TASK PROMPT: Take each line of the material that includes "Windows" and copy it.

DATA FOR THIS TASK:
────

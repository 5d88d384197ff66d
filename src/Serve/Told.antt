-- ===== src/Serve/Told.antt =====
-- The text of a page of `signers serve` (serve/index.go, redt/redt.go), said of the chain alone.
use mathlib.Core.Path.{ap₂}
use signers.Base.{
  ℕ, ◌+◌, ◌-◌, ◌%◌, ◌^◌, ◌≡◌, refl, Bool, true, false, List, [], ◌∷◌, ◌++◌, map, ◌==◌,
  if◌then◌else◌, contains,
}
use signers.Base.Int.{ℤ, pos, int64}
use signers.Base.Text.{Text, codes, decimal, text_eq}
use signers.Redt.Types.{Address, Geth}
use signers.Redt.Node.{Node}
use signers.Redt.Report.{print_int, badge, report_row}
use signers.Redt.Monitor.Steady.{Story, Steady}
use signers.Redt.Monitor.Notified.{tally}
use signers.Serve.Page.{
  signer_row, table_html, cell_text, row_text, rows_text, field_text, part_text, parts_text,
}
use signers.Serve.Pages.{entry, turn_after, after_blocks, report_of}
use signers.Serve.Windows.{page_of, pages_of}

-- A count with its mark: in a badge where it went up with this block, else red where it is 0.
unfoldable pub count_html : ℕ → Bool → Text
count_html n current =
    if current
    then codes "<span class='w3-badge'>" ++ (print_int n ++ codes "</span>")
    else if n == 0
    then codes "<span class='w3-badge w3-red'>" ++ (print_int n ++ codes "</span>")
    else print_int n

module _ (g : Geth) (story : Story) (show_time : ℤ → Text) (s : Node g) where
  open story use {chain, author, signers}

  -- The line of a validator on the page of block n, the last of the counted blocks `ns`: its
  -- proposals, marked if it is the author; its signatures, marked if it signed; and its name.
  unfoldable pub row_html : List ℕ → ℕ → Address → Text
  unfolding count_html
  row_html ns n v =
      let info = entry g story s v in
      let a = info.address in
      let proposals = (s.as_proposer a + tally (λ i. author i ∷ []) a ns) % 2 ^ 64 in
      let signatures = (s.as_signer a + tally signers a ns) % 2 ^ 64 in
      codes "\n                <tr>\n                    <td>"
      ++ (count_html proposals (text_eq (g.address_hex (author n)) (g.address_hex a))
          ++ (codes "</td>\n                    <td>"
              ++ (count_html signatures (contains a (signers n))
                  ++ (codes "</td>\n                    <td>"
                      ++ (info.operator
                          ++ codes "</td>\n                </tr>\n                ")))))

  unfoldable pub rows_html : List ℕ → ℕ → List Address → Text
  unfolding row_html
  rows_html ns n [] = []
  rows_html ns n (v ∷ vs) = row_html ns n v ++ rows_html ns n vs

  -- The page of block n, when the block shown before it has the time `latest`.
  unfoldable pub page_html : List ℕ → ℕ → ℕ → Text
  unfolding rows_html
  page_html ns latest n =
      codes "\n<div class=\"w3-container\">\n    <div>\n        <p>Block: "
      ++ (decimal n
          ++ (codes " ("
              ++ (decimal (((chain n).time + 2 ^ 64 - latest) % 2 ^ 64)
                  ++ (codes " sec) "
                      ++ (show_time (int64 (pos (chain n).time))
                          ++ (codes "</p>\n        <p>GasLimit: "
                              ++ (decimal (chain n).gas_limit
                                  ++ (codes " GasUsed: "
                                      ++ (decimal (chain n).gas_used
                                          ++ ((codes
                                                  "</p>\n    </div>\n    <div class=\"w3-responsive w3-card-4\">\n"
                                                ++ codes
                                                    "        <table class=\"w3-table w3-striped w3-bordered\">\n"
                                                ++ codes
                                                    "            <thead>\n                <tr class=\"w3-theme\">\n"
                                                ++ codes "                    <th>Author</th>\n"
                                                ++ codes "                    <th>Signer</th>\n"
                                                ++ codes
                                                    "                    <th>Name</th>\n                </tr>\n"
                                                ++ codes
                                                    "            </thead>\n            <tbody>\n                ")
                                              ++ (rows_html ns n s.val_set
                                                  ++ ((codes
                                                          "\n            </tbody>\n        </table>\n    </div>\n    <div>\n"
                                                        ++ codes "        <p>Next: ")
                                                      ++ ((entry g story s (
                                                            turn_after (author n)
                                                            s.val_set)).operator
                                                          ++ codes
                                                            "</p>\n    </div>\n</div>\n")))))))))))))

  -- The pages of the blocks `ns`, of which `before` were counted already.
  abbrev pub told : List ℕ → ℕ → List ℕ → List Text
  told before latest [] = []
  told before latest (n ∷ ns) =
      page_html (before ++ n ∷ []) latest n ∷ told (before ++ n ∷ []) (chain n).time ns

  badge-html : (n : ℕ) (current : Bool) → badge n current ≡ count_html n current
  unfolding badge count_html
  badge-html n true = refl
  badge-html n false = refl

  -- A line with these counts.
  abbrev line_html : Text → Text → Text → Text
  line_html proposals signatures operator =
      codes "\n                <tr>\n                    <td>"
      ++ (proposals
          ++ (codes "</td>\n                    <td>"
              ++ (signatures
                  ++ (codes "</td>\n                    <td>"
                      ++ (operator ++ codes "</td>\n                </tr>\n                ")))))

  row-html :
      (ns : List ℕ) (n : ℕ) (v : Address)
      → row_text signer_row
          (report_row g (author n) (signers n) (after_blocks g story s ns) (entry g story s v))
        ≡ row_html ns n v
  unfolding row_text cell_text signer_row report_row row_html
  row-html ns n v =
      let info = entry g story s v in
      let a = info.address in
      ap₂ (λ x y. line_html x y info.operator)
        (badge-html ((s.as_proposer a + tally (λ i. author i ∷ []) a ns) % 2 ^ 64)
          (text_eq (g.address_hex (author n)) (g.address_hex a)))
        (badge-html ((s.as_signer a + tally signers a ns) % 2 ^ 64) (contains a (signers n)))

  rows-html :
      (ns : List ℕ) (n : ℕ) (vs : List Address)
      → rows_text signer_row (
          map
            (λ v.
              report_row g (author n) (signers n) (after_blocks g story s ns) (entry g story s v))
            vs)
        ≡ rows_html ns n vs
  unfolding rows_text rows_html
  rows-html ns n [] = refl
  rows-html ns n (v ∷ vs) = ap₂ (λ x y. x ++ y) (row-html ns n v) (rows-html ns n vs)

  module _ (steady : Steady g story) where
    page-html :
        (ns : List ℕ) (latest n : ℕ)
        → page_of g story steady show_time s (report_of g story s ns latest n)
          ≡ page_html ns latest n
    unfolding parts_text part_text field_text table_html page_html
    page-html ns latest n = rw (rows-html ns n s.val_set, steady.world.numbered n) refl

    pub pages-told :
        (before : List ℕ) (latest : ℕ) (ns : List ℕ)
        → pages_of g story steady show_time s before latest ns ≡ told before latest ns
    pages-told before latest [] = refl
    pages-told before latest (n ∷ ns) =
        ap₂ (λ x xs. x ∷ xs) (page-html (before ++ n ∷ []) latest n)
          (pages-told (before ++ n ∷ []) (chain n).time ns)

────

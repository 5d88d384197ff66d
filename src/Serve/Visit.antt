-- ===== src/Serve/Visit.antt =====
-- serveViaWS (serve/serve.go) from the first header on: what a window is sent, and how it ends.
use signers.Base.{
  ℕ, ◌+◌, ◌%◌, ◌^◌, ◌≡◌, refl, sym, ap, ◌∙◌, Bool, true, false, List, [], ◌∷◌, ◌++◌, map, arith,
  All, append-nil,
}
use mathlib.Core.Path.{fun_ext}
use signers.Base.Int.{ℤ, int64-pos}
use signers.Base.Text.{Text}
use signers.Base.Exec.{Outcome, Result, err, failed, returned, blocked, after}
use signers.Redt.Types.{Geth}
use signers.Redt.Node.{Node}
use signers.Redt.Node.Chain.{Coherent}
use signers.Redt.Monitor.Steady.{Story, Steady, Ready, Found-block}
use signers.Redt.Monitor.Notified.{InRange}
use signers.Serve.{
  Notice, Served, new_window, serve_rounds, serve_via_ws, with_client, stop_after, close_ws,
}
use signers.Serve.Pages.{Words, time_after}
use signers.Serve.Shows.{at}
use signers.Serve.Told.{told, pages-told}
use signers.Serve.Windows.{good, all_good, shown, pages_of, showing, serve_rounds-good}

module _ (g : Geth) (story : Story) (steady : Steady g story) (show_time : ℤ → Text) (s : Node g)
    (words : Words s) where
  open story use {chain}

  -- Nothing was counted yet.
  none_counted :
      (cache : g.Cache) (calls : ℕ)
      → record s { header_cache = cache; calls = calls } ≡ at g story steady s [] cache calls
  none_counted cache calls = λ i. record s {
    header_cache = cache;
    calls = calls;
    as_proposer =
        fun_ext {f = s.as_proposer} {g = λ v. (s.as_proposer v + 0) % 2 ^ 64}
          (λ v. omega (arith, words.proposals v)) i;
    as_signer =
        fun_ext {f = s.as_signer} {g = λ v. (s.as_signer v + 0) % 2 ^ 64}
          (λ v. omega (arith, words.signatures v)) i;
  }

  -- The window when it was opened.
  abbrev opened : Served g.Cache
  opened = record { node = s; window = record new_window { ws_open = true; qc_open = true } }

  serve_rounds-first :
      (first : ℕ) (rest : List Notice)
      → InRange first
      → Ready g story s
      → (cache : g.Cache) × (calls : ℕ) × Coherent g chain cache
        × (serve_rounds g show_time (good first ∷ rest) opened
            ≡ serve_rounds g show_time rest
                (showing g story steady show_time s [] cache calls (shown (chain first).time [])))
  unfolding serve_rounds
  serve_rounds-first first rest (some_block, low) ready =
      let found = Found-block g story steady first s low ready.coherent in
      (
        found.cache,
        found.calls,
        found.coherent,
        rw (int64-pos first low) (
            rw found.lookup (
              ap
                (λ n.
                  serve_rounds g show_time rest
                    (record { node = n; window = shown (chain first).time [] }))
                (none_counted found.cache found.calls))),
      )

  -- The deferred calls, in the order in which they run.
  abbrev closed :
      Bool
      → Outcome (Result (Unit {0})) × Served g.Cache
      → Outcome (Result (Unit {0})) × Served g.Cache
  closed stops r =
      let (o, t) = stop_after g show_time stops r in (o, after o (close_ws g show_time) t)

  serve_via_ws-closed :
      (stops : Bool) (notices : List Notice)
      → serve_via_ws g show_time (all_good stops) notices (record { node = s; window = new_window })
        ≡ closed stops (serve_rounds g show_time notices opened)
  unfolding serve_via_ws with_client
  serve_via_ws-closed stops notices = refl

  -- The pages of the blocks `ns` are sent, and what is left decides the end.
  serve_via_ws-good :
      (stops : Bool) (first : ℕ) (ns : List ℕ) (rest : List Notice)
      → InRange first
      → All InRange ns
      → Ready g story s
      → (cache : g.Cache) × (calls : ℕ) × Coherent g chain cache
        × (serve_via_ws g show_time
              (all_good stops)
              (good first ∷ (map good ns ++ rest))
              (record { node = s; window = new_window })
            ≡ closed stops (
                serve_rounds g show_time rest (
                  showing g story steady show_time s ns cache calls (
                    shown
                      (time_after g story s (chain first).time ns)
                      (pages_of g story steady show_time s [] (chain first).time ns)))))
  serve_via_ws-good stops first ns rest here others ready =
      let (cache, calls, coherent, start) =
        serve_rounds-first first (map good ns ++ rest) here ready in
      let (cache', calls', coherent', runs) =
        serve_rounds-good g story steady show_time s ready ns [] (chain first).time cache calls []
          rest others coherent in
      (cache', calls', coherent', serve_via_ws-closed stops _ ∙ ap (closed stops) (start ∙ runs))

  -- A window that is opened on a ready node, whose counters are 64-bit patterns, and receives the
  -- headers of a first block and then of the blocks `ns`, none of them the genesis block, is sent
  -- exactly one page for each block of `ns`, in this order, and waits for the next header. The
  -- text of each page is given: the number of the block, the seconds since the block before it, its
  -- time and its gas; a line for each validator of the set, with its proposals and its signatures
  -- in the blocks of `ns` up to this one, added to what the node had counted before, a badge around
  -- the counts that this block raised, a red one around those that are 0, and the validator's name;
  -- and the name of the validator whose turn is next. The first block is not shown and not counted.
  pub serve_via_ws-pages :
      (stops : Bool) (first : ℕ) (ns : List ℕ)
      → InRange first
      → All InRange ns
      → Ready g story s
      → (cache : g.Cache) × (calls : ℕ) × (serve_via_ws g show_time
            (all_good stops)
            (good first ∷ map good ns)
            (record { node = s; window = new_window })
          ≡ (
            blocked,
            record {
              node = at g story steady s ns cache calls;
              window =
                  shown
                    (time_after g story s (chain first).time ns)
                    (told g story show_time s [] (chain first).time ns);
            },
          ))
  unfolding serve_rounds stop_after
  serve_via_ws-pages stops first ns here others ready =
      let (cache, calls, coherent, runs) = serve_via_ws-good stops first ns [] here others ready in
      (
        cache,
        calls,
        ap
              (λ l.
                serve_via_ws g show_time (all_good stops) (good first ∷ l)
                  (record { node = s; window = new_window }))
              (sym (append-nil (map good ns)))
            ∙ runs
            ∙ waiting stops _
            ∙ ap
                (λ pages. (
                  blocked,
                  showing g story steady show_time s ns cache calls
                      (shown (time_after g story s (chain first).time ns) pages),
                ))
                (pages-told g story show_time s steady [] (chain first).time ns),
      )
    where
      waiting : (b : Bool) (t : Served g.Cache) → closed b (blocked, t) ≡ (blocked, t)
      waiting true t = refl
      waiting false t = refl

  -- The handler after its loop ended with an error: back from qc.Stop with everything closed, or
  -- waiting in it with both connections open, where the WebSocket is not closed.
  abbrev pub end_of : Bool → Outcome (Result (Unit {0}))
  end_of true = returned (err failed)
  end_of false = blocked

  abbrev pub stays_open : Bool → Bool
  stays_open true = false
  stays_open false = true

────

YOUR SOLUTION:
use signers.Serve.Windows.{page_of, pages_of}
use signers.Serve.Windows.{good, all_good, shown, pages_of, showing, serve_rounds-good}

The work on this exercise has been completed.